**ACTIVITY**
A single number is wanted: how many lines of the records below contain the word "keeps".

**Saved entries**
※

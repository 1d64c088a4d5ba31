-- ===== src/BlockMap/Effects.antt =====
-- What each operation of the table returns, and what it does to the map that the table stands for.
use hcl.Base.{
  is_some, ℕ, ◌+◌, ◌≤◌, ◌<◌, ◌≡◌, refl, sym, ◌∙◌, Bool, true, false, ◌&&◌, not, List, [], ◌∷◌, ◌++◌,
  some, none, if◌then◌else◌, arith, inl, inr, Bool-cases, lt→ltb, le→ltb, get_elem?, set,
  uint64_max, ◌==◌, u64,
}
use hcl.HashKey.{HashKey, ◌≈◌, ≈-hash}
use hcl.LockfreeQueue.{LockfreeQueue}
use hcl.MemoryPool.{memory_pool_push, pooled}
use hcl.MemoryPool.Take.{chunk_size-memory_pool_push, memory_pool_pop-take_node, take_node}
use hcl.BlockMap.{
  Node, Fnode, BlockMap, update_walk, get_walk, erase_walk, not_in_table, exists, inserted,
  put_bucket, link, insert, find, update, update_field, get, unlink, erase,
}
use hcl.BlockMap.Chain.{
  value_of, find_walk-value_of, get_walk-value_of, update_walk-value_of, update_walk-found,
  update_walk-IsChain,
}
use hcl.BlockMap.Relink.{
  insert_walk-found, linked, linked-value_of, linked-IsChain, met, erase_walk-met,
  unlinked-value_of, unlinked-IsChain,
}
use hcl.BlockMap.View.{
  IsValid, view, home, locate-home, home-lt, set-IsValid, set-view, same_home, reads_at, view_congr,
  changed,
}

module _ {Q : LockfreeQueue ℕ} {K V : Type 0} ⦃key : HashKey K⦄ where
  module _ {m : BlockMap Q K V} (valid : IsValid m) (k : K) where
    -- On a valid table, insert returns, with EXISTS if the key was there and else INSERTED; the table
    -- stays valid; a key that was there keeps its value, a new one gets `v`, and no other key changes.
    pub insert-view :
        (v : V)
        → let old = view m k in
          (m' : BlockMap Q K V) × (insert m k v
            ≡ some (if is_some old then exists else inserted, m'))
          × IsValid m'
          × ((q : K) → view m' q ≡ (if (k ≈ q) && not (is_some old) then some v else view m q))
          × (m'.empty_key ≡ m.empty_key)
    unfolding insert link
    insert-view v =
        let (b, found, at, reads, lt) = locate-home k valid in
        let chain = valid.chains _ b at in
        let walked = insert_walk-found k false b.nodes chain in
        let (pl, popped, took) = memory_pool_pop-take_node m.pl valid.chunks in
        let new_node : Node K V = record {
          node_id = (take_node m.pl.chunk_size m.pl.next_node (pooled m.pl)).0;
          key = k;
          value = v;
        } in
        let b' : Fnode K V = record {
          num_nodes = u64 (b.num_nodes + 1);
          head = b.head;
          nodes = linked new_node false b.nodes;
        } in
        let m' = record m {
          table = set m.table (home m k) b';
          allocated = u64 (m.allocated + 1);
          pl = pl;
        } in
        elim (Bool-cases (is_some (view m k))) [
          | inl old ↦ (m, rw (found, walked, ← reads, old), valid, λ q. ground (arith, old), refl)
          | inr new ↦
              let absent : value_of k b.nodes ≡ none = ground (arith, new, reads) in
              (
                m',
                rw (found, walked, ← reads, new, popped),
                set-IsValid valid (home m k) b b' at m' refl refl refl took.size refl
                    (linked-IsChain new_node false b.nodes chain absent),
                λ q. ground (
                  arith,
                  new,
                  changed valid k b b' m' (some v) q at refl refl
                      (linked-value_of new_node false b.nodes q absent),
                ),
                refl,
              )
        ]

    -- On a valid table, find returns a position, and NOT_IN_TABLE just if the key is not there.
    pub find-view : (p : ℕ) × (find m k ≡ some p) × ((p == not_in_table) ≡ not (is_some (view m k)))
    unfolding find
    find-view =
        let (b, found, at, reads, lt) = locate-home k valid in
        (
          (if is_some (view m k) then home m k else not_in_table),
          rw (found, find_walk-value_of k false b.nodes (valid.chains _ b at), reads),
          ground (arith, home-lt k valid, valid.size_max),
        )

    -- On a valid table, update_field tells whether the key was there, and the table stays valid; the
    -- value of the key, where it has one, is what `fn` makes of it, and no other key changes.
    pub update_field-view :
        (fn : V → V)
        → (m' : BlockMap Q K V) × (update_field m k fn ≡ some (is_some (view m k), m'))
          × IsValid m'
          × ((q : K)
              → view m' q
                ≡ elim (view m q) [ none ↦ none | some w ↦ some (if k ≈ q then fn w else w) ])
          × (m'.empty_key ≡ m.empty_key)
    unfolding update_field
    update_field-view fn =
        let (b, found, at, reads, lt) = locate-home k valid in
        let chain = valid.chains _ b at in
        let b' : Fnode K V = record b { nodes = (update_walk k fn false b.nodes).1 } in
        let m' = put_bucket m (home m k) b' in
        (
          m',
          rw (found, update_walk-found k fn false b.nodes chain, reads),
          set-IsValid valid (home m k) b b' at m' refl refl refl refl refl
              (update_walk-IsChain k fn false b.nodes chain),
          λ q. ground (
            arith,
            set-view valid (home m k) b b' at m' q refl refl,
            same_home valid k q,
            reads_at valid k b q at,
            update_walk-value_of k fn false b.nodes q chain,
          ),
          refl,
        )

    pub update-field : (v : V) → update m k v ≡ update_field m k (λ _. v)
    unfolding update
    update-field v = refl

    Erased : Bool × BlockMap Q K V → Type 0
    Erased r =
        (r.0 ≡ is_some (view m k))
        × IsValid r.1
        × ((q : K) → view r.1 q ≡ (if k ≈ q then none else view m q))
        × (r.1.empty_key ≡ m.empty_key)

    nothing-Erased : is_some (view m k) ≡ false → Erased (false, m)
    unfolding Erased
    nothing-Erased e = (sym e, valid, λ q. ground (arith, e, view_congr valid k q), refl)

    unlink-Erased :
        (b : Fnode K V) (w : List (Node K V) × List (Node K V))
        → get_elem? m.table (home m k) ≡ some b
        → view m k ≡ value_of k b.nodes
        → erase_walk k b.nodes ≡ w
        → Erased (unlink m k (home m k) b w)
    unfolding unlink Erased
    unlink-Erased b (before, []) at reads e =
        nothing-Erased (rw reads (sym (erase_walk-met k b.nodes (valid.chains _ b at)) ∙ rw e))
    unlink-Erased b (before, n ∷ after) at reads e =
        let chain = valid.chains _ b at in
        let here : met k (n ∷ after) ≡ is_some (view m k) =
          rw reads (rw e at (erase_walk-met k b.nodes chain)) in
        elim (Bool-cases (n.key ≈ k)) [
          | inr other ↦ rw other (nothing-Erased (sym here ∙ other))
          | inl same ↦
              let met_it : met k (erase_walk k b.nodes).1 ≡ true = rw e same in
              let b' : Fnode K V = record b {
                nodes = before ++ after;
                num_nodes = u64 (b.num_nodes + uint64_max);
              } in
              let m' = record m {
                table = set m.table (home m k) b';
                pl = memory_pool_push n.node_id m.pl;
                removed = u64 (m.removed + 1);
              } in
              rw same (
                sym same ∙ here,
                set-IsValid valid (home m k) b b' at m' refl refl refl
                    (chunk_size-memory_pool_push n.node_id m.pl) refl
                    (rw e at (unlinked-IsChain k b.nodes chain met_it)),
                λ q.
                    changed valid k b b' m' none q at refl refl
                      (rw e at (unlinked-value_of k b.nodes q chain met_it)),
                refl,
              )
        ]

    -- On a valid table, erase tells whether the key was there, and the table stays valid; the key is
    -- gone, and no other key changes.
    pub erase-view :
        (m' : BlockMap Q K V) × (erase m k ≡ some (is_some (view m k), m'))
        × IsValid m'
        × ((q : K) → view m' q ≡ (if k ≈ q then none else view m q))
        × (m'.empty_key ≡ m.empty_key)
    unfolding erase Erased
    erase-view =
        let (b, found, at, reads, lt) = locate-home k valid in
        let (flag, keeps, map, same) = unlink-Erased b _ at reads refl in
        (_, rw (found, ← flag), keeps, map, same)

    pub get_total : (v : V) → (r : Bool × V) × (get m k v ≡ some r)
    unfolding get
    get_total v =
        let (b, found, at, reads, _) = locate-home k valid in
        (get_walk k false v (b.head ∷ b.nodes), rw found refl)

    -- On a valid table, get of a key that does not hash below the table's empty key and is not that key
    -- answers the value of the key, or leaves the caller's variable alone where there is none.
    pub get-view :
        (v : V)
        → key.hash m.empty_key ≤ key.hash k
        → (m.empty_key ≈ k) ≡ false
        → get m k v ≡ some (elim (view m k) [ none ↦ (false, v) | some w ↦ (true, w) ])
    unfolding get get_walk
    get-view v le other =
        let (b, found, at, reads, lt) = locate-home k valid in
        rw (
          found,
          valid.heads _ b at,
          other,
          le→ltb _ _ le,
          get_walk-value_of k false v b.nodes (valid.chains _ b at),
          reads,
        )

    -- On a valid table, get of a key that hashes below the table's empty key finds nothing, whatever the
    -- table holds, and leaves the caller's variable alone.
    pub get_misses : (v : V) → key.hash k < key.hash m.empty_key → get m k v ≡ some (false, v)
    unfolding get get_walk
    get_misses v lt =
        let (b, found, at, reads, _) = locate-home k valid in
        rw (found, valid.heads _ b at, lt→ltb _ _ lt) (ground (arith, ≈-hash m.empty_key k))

※

**OUTPUT FOR THIS TASK**
3